*WHAT YOU HAVE TO DO*
The reply to the records below should contain exactly the lines from the line with "pid_start = 1;" through the line with "pub allocate_pid : PidPool", and nothing besides.

*MATERIAL PROVIDED*
☆ ☆ ☆ ☆ ☆

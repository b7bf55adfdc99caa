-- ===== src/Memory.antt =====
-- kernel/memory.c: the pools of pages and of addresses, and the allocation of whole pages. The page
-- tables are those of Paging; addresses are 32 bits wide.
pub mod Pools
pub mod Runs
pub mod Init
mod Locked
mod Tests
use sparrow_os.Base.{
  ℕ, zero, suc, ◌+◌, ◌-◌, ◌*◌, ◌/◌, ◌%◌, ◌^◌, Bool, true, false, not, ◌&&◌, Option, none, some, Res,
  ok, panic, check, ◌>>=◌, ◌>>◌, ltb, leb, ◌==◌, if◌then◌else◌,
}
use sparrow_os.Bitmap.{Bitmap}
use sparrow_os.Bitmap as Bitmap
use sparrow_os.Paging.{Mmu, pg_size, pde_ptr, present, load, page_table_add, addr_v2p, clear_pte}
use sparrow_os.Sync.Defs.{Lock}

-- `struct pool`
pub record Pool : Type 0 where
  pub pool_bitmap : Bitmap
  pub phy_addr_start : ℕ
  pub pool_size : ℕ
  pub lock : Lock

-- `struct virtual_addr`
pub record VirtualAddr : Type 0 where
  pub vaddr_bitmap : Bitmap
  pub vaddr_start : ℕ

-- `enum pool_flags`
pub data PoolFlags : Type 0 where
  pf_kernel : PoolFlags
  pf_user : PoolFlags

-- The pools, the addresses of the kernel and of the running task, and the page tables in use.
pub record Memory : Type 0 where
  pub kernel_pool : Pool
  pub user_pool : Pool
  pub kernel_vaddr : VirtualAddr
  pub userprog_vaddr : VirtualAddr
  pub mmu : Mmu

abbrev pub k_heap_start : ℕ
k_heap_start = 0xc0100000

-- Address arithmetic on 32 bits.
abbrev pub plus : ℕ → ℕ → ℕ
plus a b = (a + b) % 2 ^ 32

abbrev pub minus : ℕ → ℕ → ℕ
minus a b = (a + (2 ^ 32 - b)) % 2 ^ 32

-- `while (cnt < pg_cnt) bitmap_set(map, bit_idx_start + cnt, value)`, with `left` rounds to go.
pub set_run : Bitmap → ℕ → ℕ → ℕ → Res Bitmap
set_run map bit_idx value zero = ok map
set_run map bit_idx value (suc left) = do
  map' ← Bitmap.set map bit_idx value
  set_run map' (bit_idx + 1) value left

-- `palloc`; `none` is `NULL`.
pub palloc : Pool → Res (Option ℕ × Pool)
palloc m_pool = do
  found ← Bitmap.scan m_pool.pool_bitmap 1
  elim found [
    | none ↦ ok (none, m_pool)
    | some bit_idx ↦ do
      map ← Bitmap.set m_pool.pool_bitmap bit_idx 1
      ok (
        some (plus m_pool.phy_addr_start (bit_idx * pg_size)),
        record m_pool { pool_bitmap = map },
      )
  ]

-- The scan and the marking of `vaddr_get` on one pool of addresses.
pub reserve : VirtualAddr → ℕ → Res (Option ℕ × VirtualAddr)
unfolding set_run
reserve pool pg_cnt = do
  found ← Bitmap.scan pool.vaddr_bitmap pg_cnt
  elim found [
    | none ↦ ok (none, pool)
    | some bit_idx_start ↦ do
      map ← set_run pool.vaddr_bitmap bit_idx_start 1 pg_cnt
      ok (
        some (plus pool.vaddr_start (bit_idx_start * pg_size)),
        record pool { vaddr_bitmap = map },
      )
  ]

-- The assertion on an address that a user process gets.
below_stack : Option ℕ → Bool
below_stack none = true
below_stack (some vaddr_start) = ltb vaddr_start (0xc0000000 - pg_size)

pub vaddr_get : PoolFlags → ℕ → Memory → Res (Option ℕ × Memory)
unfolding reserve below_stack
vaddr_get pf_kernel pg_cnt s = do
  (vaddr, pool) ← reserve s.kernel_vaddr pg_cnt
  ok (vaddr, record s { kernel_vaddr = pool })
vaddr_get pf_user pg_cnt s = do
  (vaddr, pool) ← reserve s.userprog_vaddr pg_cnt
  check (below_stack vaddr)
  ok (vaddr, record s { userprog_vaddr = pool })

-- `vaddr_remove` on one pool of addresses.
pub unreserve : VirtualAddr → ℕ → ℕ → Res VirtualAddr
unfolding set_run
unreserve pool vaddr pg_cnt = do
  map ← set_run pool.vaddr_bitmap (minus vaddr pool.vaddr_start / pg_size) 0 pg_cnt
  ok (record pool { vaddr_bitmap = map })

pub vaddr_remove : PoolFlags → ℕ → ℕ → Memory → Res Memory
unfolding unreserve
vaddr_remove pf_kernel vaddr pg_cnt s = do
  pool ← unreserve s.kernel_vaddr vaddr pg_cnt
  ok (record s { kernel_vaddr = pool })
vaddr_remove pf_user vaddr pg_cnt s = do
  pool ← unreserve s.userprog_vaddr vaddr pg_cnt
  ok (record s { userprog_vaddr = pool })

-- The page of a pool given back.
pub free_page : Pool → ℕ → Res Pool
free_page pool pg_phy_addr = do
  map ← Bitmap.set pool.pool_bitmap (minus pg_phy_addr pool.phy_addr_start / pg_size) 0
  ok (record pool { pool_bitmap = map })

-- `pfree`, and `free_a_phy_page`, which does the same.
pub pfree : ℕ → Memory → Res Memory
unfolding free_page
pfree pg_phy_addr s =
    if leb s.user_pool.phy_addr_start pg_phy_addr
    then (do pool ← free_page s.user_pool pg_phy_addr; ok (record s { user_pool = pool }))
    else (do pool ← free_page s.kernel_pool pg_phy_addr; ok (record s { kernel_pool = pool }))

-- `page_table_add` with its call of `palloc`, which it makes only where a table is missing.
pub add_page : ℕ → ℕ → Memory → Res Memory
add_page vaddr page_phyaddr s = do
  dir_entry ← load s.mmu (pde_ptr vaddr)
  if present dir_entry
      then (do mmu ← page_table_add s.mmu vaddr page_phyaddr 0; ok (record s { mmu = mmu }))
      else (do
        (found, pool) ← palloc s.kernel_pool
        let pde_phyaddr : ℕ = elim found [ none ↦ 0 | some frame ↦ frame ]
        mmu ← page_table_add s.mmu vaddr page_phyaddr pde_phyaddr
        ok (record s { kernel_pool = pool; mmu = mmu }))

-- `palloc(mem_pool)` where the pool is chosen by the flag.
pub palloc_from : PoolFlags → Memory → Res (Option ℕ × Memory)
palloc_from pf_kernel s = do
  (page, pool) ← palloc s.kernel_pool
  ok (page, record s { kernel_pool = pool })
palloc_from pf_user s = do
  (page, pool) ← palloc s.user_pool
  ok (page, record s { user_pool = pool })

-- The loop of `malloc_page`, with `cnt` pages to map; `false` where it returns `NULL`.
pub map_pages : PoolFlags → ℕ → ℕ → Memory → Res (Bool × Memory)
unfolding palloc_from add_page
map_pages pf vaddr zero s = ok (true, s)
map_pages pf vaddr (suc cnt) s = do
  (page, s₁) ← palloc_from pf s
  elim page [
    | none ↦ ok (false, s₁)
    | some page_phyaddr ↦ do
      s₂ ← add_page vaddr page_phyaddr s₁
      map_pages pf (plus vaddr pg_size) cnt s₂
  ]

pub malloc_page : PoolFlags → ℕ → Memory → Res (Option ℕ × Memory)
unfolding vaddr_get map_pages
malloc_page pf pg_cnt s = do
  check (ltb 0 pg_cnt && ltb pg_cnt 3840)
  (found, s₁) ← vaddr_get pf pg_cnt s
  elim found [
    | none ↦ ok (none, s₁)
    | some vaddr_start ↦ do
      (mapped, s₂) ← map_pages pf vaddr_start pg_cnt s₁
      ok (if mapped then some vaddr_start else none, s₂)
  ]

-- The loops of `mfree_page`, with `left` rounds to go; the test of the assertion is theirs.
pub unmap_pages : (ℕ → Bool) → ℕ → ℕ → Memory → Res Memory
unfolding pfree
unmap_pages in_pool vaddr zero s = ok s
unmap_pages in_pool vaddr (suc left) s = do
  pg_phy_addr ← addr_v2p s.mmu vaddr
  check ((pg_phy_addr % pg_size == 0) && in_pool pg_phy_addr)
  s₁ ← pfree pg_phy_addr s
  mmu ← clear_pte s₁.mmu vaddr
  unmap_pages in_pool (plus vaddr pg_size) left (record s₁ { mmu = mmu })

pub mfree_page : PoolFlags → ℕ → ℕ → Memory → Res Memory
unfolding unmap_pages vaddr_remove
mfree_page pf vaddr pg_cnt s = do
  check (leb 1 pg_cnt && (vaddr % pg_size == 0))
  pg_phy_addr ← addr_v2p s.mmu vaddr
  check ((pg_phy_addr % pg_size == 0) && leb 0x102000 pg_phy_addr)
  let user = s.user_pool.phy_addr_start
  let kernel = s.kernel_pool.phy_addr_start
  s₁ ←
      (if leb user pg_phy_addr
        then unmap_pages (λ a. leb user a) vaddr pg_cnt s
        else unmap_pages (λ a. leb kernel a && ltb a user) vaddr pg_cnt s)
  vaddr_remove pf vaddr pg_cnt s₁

☆ ☆ ☆ ☆ ☆

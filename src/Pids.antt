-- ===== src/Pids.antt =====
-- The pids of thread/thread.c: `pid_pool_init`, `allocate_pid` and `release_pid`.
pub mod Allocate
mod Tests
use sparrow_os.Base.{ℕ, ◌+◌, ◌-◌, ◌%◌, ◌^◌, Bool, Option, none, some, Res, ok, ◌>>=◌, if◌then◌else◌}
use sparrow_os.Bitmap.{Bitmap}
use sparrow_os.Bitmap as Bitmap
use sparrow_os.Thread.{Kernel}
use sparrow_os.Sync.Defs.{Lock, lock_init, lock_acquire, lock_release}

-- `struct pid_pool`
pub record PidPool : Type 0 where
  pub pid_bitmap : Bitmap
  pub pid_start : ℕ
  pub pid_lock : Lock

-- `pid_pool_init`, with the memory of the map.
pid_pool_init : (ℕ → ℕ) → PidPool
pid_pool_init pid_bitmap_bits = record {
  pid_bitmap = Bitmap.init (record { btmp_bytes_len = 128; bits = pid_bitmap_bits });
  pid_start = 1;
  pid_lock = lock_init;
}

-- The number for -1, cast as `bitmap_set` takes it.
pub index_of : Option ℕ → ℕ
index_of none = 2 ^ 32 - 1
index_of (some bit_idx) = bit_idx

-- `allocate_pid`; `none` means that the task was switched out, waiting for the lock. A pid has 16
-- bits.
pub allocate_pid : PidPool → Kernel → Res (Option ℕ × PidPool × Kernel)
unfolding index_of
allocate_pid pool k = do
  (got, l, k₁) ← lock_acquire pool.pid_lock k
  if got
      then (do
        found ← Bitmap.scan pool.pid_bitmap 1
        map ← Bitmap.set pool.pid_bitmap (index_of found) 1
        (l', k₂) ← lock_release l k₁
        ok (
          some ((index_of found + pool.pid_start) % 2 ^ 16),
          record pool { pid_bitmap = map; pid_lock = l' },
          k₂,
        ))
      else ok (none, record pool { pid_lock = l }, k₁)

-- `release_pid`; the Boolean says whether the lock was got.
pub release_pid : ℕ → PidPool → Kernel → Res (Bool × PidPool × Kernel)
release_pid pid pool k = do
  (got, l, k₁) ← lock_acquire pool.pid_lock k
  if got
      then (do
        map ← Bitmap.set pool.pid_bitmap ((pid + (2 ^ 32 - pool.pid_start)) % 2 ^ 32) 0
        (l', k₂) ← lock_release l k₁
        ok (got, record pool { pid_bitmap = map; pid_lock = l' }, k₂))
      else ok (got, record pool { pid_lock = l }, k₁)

☆ ☆ ☆ ☆ ☆

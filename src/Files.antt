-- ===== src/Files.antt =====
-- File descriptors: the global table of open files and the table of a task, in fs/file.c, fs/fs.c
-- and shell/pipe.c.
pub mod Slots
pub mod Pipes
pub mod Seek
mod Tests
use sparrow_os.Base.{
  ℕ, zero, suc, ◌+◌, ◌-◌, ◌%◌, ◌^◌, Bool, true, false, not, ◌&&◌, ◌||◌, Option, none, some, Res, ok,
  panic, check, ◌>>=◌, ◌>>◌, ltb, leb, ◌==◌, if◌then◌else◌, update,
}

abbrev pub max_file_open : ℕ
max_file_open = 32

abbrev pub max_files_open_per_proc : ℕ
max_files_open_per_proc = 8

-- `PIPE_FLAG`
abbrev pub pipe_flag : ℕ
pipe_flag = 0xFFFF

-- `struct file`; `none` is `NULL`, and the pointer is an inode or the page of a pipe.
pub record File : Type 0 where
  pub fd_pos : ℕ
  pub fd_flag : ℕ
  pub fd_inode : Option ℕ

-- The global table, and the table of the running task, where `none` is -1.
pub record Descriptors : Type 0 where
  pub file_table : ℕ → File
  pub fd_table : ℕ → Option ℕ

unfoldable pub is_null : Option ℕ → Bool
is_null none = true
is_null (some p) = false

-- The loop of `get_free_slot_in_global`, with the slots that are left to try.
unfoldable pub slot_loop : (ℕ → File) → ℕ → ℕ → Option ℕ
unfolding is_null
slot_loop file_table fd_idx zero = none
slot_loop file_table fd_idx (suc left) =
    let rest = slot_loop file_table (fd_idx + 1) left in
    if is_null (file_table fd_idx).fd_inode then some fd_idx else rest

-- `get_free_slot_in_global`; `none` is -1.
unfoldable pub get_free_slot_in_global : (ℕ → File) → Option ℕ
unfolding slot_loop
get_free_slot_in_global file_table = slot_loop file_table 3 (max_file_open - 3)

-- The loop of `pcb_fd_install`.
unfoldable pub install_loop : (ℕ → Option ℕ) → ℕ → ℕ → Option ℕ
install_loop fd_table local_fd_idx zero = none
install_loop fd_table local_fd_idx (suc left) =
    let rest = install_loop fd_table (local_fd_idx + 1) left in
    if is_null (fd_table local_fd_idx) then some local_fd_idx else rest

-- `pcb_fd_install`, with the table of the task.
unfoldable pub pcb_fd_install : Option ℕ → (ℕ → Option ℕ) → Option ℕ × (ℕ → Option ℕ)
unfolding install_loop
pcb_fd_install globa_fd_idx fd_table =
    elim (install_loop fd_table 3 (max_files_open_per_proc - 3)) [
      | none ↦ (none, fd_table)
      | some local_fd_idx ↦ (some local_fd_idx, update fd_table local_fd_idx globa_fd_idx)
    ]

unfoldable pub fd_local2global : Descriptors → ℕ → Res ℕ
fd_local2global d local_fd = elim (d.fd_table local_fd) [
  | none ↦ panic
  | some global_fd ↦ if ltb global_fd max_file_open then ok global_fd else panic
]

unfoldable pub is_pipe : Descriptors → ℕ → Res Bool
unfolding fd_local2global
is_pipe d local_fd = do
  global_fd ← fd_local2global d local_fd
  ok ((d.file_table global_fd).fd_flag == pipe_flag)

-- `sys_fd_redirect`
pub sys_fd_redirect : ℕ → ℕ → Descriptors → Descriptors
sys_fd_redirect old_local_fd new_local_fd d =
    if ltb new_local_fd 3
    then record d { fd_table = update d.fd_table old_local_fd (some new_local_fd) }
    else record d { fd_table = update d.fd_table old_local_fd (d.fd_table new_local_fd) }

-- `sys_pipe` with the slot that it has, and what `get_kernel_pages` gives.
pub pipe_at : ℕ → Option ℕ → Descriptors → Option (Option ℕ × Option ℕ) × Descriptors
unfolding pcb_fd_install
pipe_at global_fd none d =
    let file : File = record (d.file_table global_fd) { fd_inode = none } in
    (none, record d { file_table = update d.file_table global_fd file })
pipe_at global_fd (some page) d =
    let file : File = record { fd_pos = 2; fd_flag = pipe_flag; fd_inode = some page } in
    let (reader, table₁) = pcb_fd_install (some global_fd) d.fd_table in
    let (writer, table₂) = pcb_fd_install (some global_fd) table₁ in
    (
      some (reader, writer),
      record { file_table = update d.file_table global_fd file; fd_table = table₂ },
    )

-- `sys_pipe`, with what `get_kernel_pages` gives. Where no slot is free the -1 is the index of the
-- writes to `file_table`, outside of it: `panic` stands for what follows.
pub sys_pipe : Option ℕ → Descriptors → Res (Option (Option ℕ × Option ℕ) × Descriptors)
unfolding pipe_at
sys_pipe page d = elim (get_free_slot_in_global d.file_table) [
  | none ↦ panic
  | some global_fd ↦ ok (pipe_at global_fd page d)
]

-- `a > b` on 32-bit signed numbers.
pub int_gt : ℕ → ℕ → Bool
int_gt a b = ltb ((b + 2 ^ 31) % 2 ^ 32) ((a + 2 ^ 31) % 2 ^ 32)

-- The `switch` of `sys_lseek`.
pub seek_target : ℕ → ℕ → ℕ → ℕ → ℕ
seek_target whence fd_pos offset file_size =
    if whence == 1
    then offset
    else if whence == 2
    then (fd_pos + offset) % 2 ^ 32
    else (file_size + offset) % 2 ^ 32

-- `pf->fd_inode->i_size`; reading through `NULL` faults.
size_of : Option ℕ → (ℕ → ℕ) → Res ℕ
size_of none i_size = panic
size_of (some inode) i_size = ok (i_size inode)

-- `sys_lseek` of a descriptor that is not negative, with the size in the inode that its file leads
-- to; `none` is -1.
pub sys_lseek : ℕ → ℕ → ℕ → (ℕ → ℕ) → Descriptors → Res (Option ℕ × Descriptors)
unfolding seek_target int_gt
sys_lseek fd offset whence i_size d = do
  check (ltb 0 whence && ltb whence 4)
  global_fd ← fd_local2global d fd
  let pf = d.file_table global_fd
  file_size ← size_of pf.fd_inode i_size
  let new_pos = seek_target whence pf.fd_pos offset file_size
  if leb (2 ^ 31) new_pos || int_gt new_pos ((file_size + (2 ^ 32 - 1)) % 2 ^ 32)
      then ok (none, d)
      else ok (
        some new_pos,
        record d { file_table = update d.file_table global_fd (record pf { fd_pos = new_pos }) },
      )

☆ ☆ ☆ ☆ ☆

*TASK OUTPUT*
  pid_start = 1;
  pid_lock = lock_init;
}

-- The number for -1, cast as `bitmap_set` takes it.
pub index_of : Option ℕ → ℕ
index_of none = 2 ^ 32 - 1
index_of (some bit_idx) = bit_idx

-- `allocate_pid`; `none` means that the task was switched out, waiting for the lock. A pid has 16
-- bits.
pub allocate_pid : PidPool → Kernel → Res (Option ℕ × PidPool × Kernel)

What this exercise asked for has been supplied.